Japanese Patent Publication No. 07-066764 Japanese Patent No. 2903149 JP-A-2005-051457

  Problems of the technology described in each of the above patent documents will be described with reference to FIGS. 3 (B1) and 3 (B2). In addition, these figures show the relative positional relationship between the prepared hole of the steel plate part, the hollow guide pin, the external thread portion, the flange, and the like. is there. In addition, hatching of the guide pins is not shown for easy viewing.

  The guide pin 51 of the electrode relatively penetrates the prepared hole 50 formed in the steel plate part, and the relative position of the steel plate part with respect to the electrode is set. The guide pin 51 is formed with a receiving hole 52 and has a hollow shape. A male screw portion 53 which is a shaft portion of the projection bolt is inserted into the receiving hole 52. A circular flange 54 is provided coaxially with the male screw portion 53. The central axis of the male screw portion 53 and the flange 54 is O1-O1, and the central axis of the pilot hole 50 is O2-O2. Further, three welding projections 55 are formed at intervals of 120 degrees.

  The inner diameter of the receiving hole 52 is set larger than the diameter of the male screw portion 53, and the inner diameter of the pilot hole 50 is set larger than the outer shape of the guide pin 51. Therefore, the male screw portion 53 and the guide pin 51 are eccentric to one side.
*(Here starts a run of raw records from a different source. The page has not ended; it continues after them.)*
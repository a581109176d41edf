-- ===== src/Ymodem/Sender.antt =====
-- A sender that keeps to the protocol, and what the receiver makes of it on a part without a defect.
use drdro_mainboard.Base.{ℕ, suc, ◌+◌, ◌≡◌, u8, List, [], ◌∷◌, ◌++◌, length, replicate, All, IsByte}
use drdro_mainboard.Hal.{FlashHal, IsFlash, Works}
use drdro_mainboard.Flash.Works.{Prepared}
use drdro_mainboard.Ymodem.{Line, eot_byte, ym_ok, Transfer, Progress, ended}
use drdro_mainboard.Ymodem.Frame.{answers, frame, IsBlockLength}
use drdro_mainboard.Ymodem.Account.{Written}

abbrev pub joined : List (List ℕ) → List ℕ
joined [] = []
joined (p ∷ ps) = p ++ joined ps

-- The blocks from number `k + 1` on, then the end of the transfer and of the batch.
abbrev pub sent_from : ℕ → List (List ℕ) → Line
sent_from k [] = answers (eot_byte ∷ eot_byte ∷ []) ++ (answers (frame 0 (replicate 128 0)) ++ [])
sent_from k (p ∷ ps) = answers (frame (u8 (k + 1)) p) ++ sent_from (suc k) ps

-- A whole batch: the header block, the data blocks, the end.
abbrev pub batch : List ℕ → List (List ℕ) → Line
batch header ps = answers (frame 0 header) ++ sent_from 0 ps

-- Blocks of bytes, of the two lengths.
abbrev pub AreBlocks : List (List ℕ) → Type 0
AreBlocks [] = Unit
AreBlocks (p ∷ ps) = IsBlockLength (length p) × All IsByte p × AreBlocks ps

module _ {D : Type 0} (hal : FlashHal D) where
  -- The transfer has ended as YM_OK, with `body` written and nothing left on the line.
  abbrev pub Completed : ℕ → List ℕ → Progress D → Type 0
  Completed base body r =
      (t : Transfer D) × (r ≡ ended ym_ok t) × (t.line ≡ []) × Written hal base body t

module _ {D : Type 0} (hal : FlashHal D) (laws : IsFlash hal) (works : Works hal) where
  -- The session of the transfer is ready for the next block.
  abbrev Ready : Transfer D → Type 0
  Ready t = Prepared hal laws works t.written t.flash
When the guide pin 51 and the male screw portion 53 are shifted to the lower side in the figure as shown in FIG. 3 (B1) under the size relationship as described above, the center with respect to the center axis O2-O2. The axis O1-O1 has the largest displacement dimension. In such a case, the distance C1 between the inner edge of the pilot hole 50 and the outer shape of the flange 54, that is, the tight width of the flange 54 with respect to the steel plate part is significantly reduced as shown in the drawing, and the welding projection 55 is moved from the distance C1 toward the center from the distance C1. There is a risk of coming off. That is, the welding projection 55 does not weld to the surface of the steel plate part.
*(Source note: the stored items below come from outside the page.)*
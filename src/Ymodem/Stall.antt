-- ===== src/Ymodem/Stall.antt =====
-- A sender that goes silent after the handshake.
use drdro_mainboard.Base.{ℕ, zero, suc, ◌≡◌, refl, ap, ◌∙◌, []}
use drdro_mainboard.Hal.{FlashHal}
use drdro_mainboard.Ymodem.{
  Line, bad, recv_packet, nak, Transfer, going, tx, next_packet, ym_round, ym_rounds,
}

module _ {D : Type 0} (hal : FlashHal D) where
  silent_round :
      (t : Transfer D)
      → t.line ≡ []
      → ym_round hal bad t ≡ going bad (record (tx nak t) { line = [] })
  unfolding ym_round next_packet recv_packet
  silent_round t e =
      ap (λ (l : Line). going (recv_packet l).0 (record (tx nak t) { line = (recv_packet l).1 })) e

  -- Once the line is silent and no packet is at hand, the receiver never ends the transfer: after any
  -- number of rounds it is still going, without a packet, and nothing of the flash has changed.
  pub ym_rounds-stalled :
      (n : ℕ) (t : Transfer D)
      → t.line ≡ []
      → (t' : Transfer D) × (ym_rounds hal n (going bad t) ≡ going bad t')
        × (t'.line ≡ [])
        × (t'.flash ≡ t.flash)
  unfolding ym_rounds
  ym_rounds-stalled zero t e = (t, refl, e, refl)
  ym_rounds-stalled (suc n) t e =
      let t1 : Transfer D = record (tx nak t) { line = [] } in
      let (t', same, silent, kept) = ym_rounds-stalled n t1 refl in
      (t', ap (ym_rounds hal n) (silent_round t e) ∙ same, silent, kept)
  In order to avoid this, it is necessary to set the diameter D1 of the flange 54 large so as to secure the welding of the welding projections regardless of the direction in which the guide pin 51 or the male screw part 53 is displaced. Setting it causes an increase in space due to an excessive flange and an increase in the mass of projection bolt parts, which is uneconomical in terms of miniaturization and weight reduction.

  Then, when the steel plate part to which the projection bolt is welded is removed from the electrode, as shown in FIG. 3B2, the male screw portion 53 is largely shifted with respect to the pilot hole 50, and the shifted dimension C2 becomes the maximum value. . That is, although it is best that the pilot hole 50 and the male screw portion 53 are concentric, the maximum deviation dimension C2 is formed in reverse, and the welding position of the bolt to the steel plate part is largely deviated, The welding accuracy decreases.
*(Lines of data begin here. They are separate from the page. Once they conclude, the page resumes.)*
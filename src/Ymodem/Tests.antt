-- ===== src/Ymodem/Tests.antt =====
-- A batch of two blocks on the simulated part, and the check value of the CRC.
use drdro_mainboard.Base.{
  ℕ, ◌≡◌, refl, true, false, Bytes, List, [], ◌∷◌, replicate, some, none, arith,
}
use drdro_mainboard.Layout.{sector_begin}
use drdro_mainboard.Hal.Sim.{sim, sim-IsFlash, Part}
use drdro_mainboard.Flash.{Session}
use drdro_mainboard.Ymodem.{
  Line, bad, crc16, parse_size, skip_name, size_digits, Transfer, going, ym_rounds, ymodem_receive,
}
use drdro_mainboard.Ymodem.Frame.{IsLine}
use drdro_mainboard.Ymodem.Account.{Accounted}
use drdro_mainboard.Ymodem.Rounds.{ymodem_receive-Accounted}
use drdro_mainboard.Ymodem.Stall.{ym_rounds-stalled}

-- The message "123456789".
crc16_check_value :
    crc16 (0x31 ∷ 0x32 ∷ 0x33 ∷ 0x34 ∷ 0x35 ∷ 0x36 ∷ 0x37 ∷ 0x38 ∷ 0x39 ∷ []) ≡ 0x31C3
unfolding crc16
crc16_check_value = refl

abbrev erased_flash : Session Bytes
erased_flash = record {
  dev = λ a. 255;
  base = 0;
  sector = 0;
  erased = false;
  fail_phase = 0;
  fail_addr = 0;
  fail_hal = 0;
}

-- The file "fw" of 200 bytes.
abbrev file_header : List ℕ
file_header = 0x66 ∷ 0x77 ∷ 0x00 ∷ 0x32 ∷ 0x30 ∷ 0x30 ∷ replicate 122 0

file_header_size : parse_size file_header ≡ 200
unfolding parse_size skip_name size_digits
file_header_size = refl

abbrev file_blocks : List (List ℕ)
file_blocks = replicate 128 0xA5 ∷ replicate 128 0x5A ∷ []

-- A locked part whose every byte is in use.
abbrev used_flash : Session Part
used_flash = record {
  dev = record { memory = λ a. 0; is_open = false };
  base = 0;
  sector = 0;
  erased = false;
  fail_phase = 0;
  fail_addr = 0;
  fail_hal = 0;
}

-- A line with a header byte, a timeout and a CAN.
abbrev noise : Line
noise = some 0x01 ∷ some 0x00 ∷ none ∷ some 0x18 ∷ []

noise-IsLine : IsLine noise
noise-IsLine = (omega arith, (omega arith, (tt, (omega arith, tt))))

ymodem_receive-Accounted_example :
    Accounted
      (sim true)
      noise
      (sector_begin 6)
      (ymodem_receive (sim true) 9 (sector_begin 6) 6 noise erased_flash).1
ymodem_receive-Accounted_example =
    ymodem_receive-Accounted (sim true) (sim-IsFlash true) 9 6 noise erased_flash (omega arith)
      (omega arith) noise-IsLine

abbrev waiting : Transfer Bytes
waiting = record { flash = erased_flash; line = []; sent = []; written = 128; expected = 2 }

ym_rounds-stalled_example :
    (t' : Transfer Bytes) × (ym_rounds (sim true) 100 (going bad waiting) ≡ going bad t')
    × (t'.line ≡ [])
    × (t'.flash ≡ waiting.flash)
ym_rounds-stalled_example = ym_rounds-stalled (sim true) 100 waiting refl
  More important is the problem of overheating of the guide pins 51. To smoothly insert the male screw portion 53 into the receiving hole 52, the diameter of the male screw portion 53 is set to be significantly smaller than the inner diameter of the receiving hole 52. Due to such a dimensional difference, as shown in FIG. 3 (B1), an air gap exists between the male screw portion 53 and the inner surface of the receiving hole 52, and therefore, heat is transferred from the high-temperature guide pin 51 to the male screw portion 53. Is insufficient, and the guide pin 51 is overheated, thereby lowering durability. And since the male screw part 53 has a continuous thread-shaped crest, there is a problem that even if the crest edge line is brought as close as possible to the inner surface of the receiving hole 52, sufficient heat transfer is not performed.

The method of cooling a guide pin in an electric resistance welding electrode according to the present invention is provided to solve the above-described problems, and minimizes the amount of eccentricity of a male screw portion with respect to a pilot hole of a steel plate part, thereby miniaturizing a bolt. It is an object of the present invention to reduce the weight and to prevent the guide pin from overheating and improve the durability.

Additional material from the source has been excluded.